**Task instructions:** Print the lines below exactly, beginning with the one that contains "-- body, whatever body it announced." and stopping after the last line.

**Source information:**
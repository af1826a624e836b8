-- ===== src/Exchange/Invariants.antt =====
-- What an exchange leaves true of its record, whether it passes or fails; and that it always ends.
use decrypt0r_x.Prelude.{
  ℕ, ◌+◌, ◌≤◌, ◌≡◌, ap, Bool, true, false, Option, none, some, Bool-cases, inl, inr, length,
  length-take, arith,
}
use decrypt0r_x.Prelude.Int.{ℤ, pos_part}
use decrypt0r_x.Text.{Text, codes}
use decrypt0r_x.Result.{ok}
use decrypt0r_x.Policy.{Decision}
use decrypt0r_x.Recorder.Flows.{FlowRecord}
use decrypt0r_x.Http1.Headers.{Headers}
use decrypt0r_x.Http1.Stream.{Reader, Writer}
use decrypt0r_x.Http1.Tee.{BodyResult}
use decrypt0r_x.Http1.Framing.{Framing, body_framing}
use decrypt0r_x.Http1.Pump.{State, pump_body}
use decrypt0r_x.Http1.Pump.Total.{pump_body-Fueled}
use decrypt0r_x.Http1.Pump.Forwarding.{pump_body-forwards}
use decrypt0r_x.Http1.Heads.{
  RequestHead, ResponseHead, read_response_head, serialize_request, serialize_response,
}
use decrypt0r_x.Http1.Heads.Total.{read_response_head-Fueled}
use decrypt0r_x.Exchange.Fallible.{◌>>=◌}
use decrypt0r_x.Exchange.Relay.{relay_all}
use decrypt0r_x.Exchange.Links.{Library, Link, expires}
use decrypt0r_x.Exchange.Recording.{
  snapshot, capture_limit, with_request, with_response, with_request_body, with_response_body,
}
use decrypt0r_x.Exchange.{
  is_101, send, stripped, stripped_response, mentions, target_of, forward_request, forward_response,
  or_closed, on_response, await_response, upgrade, on_answer, answer_client, exchange,
}
use decrypt0r_x.Exchange.Ensures.{
  Ensures, Ensures-bind, attempt-Ensures, send-Fueled, body_framing-Fueled, target_of-Fueled,
  relay_all-Fueled,
}

-- a predicate on records that every change of an exchange keeps
pub record Stable (lib : Library) (decision : Decision) (P : FlowRecord → Type 0) : Type 0 where
  pub requested :
      (target : Text) (request : RequestHead) (flow : FlowRecord)
      → P flow
      → P (
          with_request target request decision.redact
            (snapshot decision.redact request.headers)
            flow)
  pub request_copied :
      (h : Headers) (body : BodyResult) (flow : FlowRecord)
      → length body.captured ≤ pos_part (capture_limit decision)
      → P flow
      → P (with_request_body lib h body flow)
  pub responded :
      (response : ResponseHead) (flow : FlowRecord)
      → P flow
      → P (with_response response (snapshot decision.redact response.headers) flow)
  pub response_copied :
      (h : Headers) (body : BodyResult) (flow : FlowRecord)
      → length body.captured ≤ pos_part (capture_limit decision)
      → P flow
      → P (with_response_body lib h body flow)
  pub cleared :
      (flow : FlowRecord) → P flow → P (record flow { facts = record flow.facts { error = none } })
  pub relayed :
      (up down : ℕ) (flow : FlowRecord)
      → P flow
      → P (record flow {
        facts = record flow.facts {
          request_size = flow.facts.request_size + up;
          response_size = flow.facts.response_size + down;
        };
      })

captured-le :
    (r : Reader) (w : Option Writer) (f : Framing) (n limit : ℤ) (body : BodyResult) (s : State)
    → pump_body r w f n limit ≡ ok (body, s)
    → length body.captured ≤ pos_part limit
captured-le r w f n limit body s h =
    let (wire, payload, taken, sent, delimits, captured, counted, cut) =
      pump_body-forwards r w f n limit body s h in
    omega (arith, ap length captured, length-take (pos_part limit) payload)

module _ (lib : Library) (decision : Decision) (P : FlowRecord → Type 0)
    (stable : Stable lib decision P) where
  -- the record of a part that passes it on as the second of three, and as the first of two
  abbrev Second {ℓ} : {A : Type ℓ} → A × FlowRecord × Link → Type 0
  Second r = P r.1

  abbrev First : FlowRecord × Link → Type 0
  First r = P r.0

  forward_request-Ensures :
      (target : Text) (request : RequestHead) (flow : FlowRecord) (link : Link)
      → P flow
      → Ensures P First (forward_request lib target request decision flow link)
  unfolding forward_request
  forward_request-Ensures target request flow link p =
      attempt-Ensures P First flow (send (serialize_request request (some target)) link.origin_out)
        _ (send-Fueled (serialize_request request (some target)) link.origin_out) p
        (λ out o.
          attempt-Ensures P First flow (body_framing request.headers false none none) _
            (body_framing-Fueled request.headers false none none) p
            (λ (framing, n) e.
              attempt-Ensures P First flow
                (pump_body link.client out framing n (capture_limit decision)) _
                (pump_body-Fueled link.client out framing n (capture_limit decision)) p
                (λ (body, s) pumped.
                  stable.request_copied request.headers body flow
                    (captured-le link.client out framing n (capture_limit decision) body s pumped)
                    p)))

  forward_response-Ensures :
      (request : RequestHead) (response : ResponseHead) (flow : FlowRecord) (link : Link)
      → P flow
      → Ensures P Second (forward_response lib request response decision flow link)
  unfolding forward_response
  forward_response-Ensures request response flow link p =
      attempt-Ensures P Second flow (send (serialize_response response) link.client_out) _
        (send-Fueled (serialize_response response) link.client_out) p
        (λ out o.
          attempt-Ensures P Second flow
            (body_framing response.headers true (some response.status) (some request.method)) _
            (body_framing-Fueled response.headers true (some response.status) (some request.method))
            p
            (λ (framing, n) e.
              attempt-Ensures P Second flow
                (pump_body link.origin out framing n (capture_limit decision)) _
                (pump_body-Fueled link.origin out framing n (capture_limit decision)) p
                (λ (body, s) pumped.
                  stable.response_copied response.headers body flow
                    (captured-le link.origin out framing n (capture_limit decision) body s pumped)
                    p)))

  await_response-Ensures :
      (flow : FlowRecord) (link : Link)
      → P flow
      → Ensures P Second (await_response lib decision flow link)
  unfolding await_response
  await_response-Ensures flow link p = elim (Bool-cases (expires link.waits)) [
    | inl late ↦ rw late (λ q. cc, p)
    | inr early ↦ rw early (
        attempt-Ensures P Second flow (read_response_head link.origin) _
          (read_response_head-Fueled link.origin) p (λ got e. found got))
  ]
    where
      found :
          (got : Option ResponseHead × Reader)
          → Ensures P Second (or_closed lib flow got >>= on_response lib decision.redact flow link)
      found (none, reader) = (λ q. cc, p)
      found (some response, reader) = stable.responded response flow p

  upgrade-Ensures :
      (response : ResponseHead) (flow : FlowRecord) (link : Link)
      → P flow
      → Ensures P Second (upgrade lib response flow link)
  unfolding upgrade
  upgrade-Ensures response flow link p =
      let flow' = record flow { facts = record flow.facts { error = none } } in
      attempt-Ensures P Second flow (send (serialize_response response) link.client_out) _
        (send-Fueled (serialize_response response) link.client_out) p
        (λ out o.
          attempt-Ensures P Second flow' (relay_all link.client link.origin_out) _
            (relay_all-Fueled link.client link.origin_out) (stable.cleared flow p)
            (λ (up, client, origin_out) u.
              attempt-Ensures P Second flow' (relay_all link.origin out) _
                (relay_all-Fueled link.origin out) (stable.cleared flow p)
                (λ (down, origin, client_out) d.
                  stable.relayed up down flow' (stable.cleared flow p))))

  answer_client-Ensures :
      (request : RequestHead) (client_close : Bool) (response : ResponseHead) (flow : FlowRecord)
      (link : Link)
      → P flow
      → Ensures P Second (answer_client lib request client_close response decision flow link)
  unfolding answer_client
  answer_client-Ensures request client_close response flow link p =
      elim (Bool-cases (is_101 response.status)) [
        | inl switches ↦ rw switches (upgrade-Ensures response flow link p)
        | inr ordinary ↦ rw ordinary (
            Ensures-bind P Second Second
              (forward_response lib request (stripped_response response) decision flow link)
              (on_answer lib request client_close response)
              (forward_response-Ensures request (stripped_response response) flow link p)
              (λ (framing, flow', link') q. q))
      ]

  -- An exchange keeps every predicate on its record that each of its changes keeps, also where it fails, and it
  -- never fails for want of fuel.
  pub exchange-Ensures :
      (request : RequestHead) (flow : FlowRecord) (link : Link)
      → P flow
      → Ensures P Second (exchange lib request decision flow link)
  unfolding exchange
  exchange-Ensures request flow link p =
      attempt-Ensures P Second flow (target_of lib request.target) _
        (target_of-Fueled lib request.target) p
        (λ target t.
          let before =
            with_request target request decision.redact (snapshot decision.redact request.headers)
              flow in
          Ensures-bind P First Second
            (forward_request lib target (stripped request) decision before link) _
            (forward_request-Ensures target (stripped request) before link
              (stable.requested target request flow p))
            (λ (sent, link') q.
              Ensures-bind P Second Second (await_response lib decision sent link') _
                (await_response-Ensures sent link' q)
                (λ (response, answered, link'') r.
                  answer_client-Ensures (stripped request)
                    (mentions (codes "close") request.headers) response answered link'' r)))
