-- ===== src/Http1.antt =====
-- services/proxy/decrypt0rx_proxy/http1.py: the HTTP/1.1 reader and writer.
pub mod Headers
pub mod Stream
pub mod Tee
pub mod Framing
pub mod Pump
pub mod Heads
pub mod Content
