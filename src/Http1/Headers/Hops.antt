-- ===== src/Http1/Headers/Hops.antt =====
-- What `strip_hop_by_hop` removes and what it leaves.
use decrypt0r_x.Prelude.{
  ◌≡◌, refl, Bool, true, false, not, List, [], ◌∷◌, ◌++◌, ◌&&◌, ◌||◌, inl, inr, none, if◌then◌else◌,
  select, arith, Bool-cases,
}
use decrypt0r_x.Text.{Text, codes, text_eq, member, lower, strip, split_on}
use decrypt0r_x.Text.Laws.{text_eq→eq, text_eq_iff}
use decrypt0r_x.Http1.Headers.{
  Headers, first_value, get, get_all, hop_by_hop, dropped_token, add_tokens, collect, drop_set,
  strip_hop_by_hop,
}

first_value-kept :
    (drop : List Text) (name : Text) (items : List (Text × Text))
    → first_value name (select (λ item. not (member (lower item.0) drop)) items)
      ≡ (if member name drop then none else first_value name items)
first_value-kept drop name [] = ground arith
first_value-kept drop name ((key, value) ∷ items) =
    ground (arith, first_value-kept drop name items, text_eq_iff (lower key) name)

-- After `strip_hop_by_hop` a name is gone exactly when its lower case is in the drop set, and every
-- other name reads as before.
pub get-strip_hop_by_hop :
    (h : Headers) (name : Text)
    → get (strip_hop_by_hop h) name
      ≡ (if member (lower name) (drop_set h) then none else get h name)
unfolding get strip_hop_by_hop
get-strip_hop_by_hop h name = first_value-kept (drop_set h) (lower name) h.items

-- every token that a list of `Connection` values names
abbrev part_tokens : List Text → List Text
part_tokens [] = []
part_tokens (part ∷ parts) = lower (strip part) ∷ part_tokens parts

abbrev value_tokens : List Text → List Text
value_tokens [] = []
value_tokens (value ∷ rest) = part_tokens (split_on b',' value) ++ value_tokens rest

abbrev pub connection_tokens : Headers → List Text
connection_tokens h = value_tokens (get_all h (codes "connection"))

member-append : (t : Text) (xs ys : List Text) → member t (xs ++ ys) ≡ (member t xs || member t ys)
member-append t [] ys = refl
member-append t (x ∷ xs) ys = ground (arith, member-append t xs ys)

member-if :
    (b : Bool) (t u : Text) (drop : List Text)
    → member t (if b then u ∷ drop else drop) ≡ (member t drop || (b && text_eq t u))
member-if true t u drop = ground arith
member-if false t u drop = ground arith

-- the test on `u` is the test on `t` where it matters
same_test : (t u : Text) → (dropped_token u && text_eq t u) ≡ (dropped_token t && text_eq t u)
same_test t u = elim (Bool-cases (text_eq t u)) [
  | inl same ↦ rw (text_eq→eq t u same)
  | inr other ↦ rw other (ground arith)
]

member-add_token :
    (t u : Text) (drop : List Text)
    → member t (if dropped_token u then u ∷ drop else drop)
      ≡ (member t drop || (dropped_token t && text_eq t u))
member-add_token t u drop = rw (member-if (dropped_token u) t u drop, same_test t u)

distribute : (m d s p : Bool) → ((m || (d && s)) || (d && p)) ≡ (m || (d && (s || p)))
distribute m d s p = ground arith

member-add_tokens :
    (t : Text) (parts drop : List Text)
    → member t (add_tokens parts drop)
      ≡ (member t drop || (dropped_token t && member t (part_tokens parts)))
member-add_tokens t [] drop = ground arith
member-add_tokens t (part ∷ parts) drop =
    let token = lower (strip part) in
    rw (
      member-add_tokens t parts (if dropped_token token then token ∷ drop else drop),
      member-add_token t token drop,
      distribute (member t drop) (dropped_token t) (text_eq t token) (member t (part_tokens parts)),
    )

member-collect :
    (t : Text) (vs drop : List Text)
    → member t (collect vs drop)
      ≡ (member t drop || (dropped_token t && member t (value_tokens vs)))
member-collect t [] drop = ground arith
member-collect t (value ∷ rest) drop =
    let parts = split_on b',' value in
    rw (
      member-collect t rest (add_tokens parts drop),
      member-add_tokens t parts drop,
      member-append t (part_tokens parts) (value_tokens rest),
      distribute (member t drop) (dropped_token t) (member t (part_tokens parts))
          (member t (value_tokens rest)),
    )

-- After `strip_hop_by_hop`, `get` finds nothing under a name whose lower case is one of the six
-- hop-by-hop names, or a token of some `Connection` value other than `close`, `keep-alive`,
-- `upgrade` and the empty one, and finds under every other name what it found before.
pub get-strip_tokens :
    (h : Headers) (name : Text)
    → get (strip_hop_by_hop h) name ≡ (
        if member (lower name) hop_by_hop
          || (dropped_token (lower name) && member (lower name) (connection_tokens h))
        then none
        else get h name)
unfolding drop_set
get-strip_tokens h name = rw (
  get-strip_hop_by_hop h name,
  member-collect (lower name) (get_all h (codes "connection")) hop_by_hop,
)
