-- ===== src/Http1/Framing/Stripping.antt =====
-- How `strip_hop_by_hop`, which the proxy calls first, bears on the framing of a message.
use decrypt0r_x.Prelude.{◌≡◌, Bool, true, false, Option, none, if◌then◌else◌}
use decrypt0r_x.Prelude.Int.{ℤ, pos}
use decrypt0r_x.Text.{Text, codes, member}
use decrypt0r_x.Result.{ok}
use decrypt0r_x.Http1.Headers.{Headers, get, dropped_token, strip_hop_by_hop}
use decrypt0r_x.Http1.Headers.Hops.{connection_tokens, get-strip_tokens}
use decrypt0r_x.Http1.Framing.{no_body, body_framing}

-- the two headers by which a body is delimited
abbrev pub coding : Text
coding = codes "transfer-encoding"

abbrev pub size : Text
size = codes "content-length"

get-coding :
    (h : Headers)
    → get (strip_hop_by_hop h) coding
      ≡ (if member coding (connection_tokens h) then none else get h coding)
unfolding dropped_token
get-coding h = get-strip_tokens h coding

get-size :
    (h : Headers)
    → get (strip_hop_by_hop h) size
      ≡ (if member size (connection_tokens h) then none else get h size)
unfolding dropped_token
get-size h = get-strip_tokens h size

-- If no `Connection` value names `Transfer-Encoding` or `Content-Length`, stripping a message leaves
-- its framing as it was.
pub body_framing-strip :
    (h : Headers) (is_response : Bool) (status : Option ℤ) (method : Option Text)
    → member coding (connection_tokens h) ≡ false
    → member size (connection_tokens h) ≡ false
    → body_framing (strip_hop_by_hop h) is_response status method
      ≡ body_framing h is_response status method
unfolding body_framing
body_framing-strip h is_response status method c s = rw (get-coding h, c, get-size h, s)

-- A request whose `Connection` values name both headers is framed, after stripping, as one without a
-- body, whatever body it announced.
pub body_framing-hidden :
    (h : Headers)
    → member coding (connection_tokens h) ≡ true
    → member size (connection_tokens h) ≡ true
    → body_framing (strip_hop_by_hop h) false none none ≡ ok (no_body, pos 0)
unfolding body_framing
body_framing-hidden h c s = rw (get-coding h, c, get-size h, s)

**Result of this exercise:**
-- body, whatever body it announced.
pub body_framing-hidden :
    (h : Headers)
    → member coding (connection_tokens h) ≡ true
    → member size (connection_tokens h) ≡ true
    → body_framing (strip_hop_by_hop h) false none none ≡ ok (no_body, pos 0)
unfolding body_framing
body_framing-hidden h c s = rw (get-coding h, c, get-size h, s)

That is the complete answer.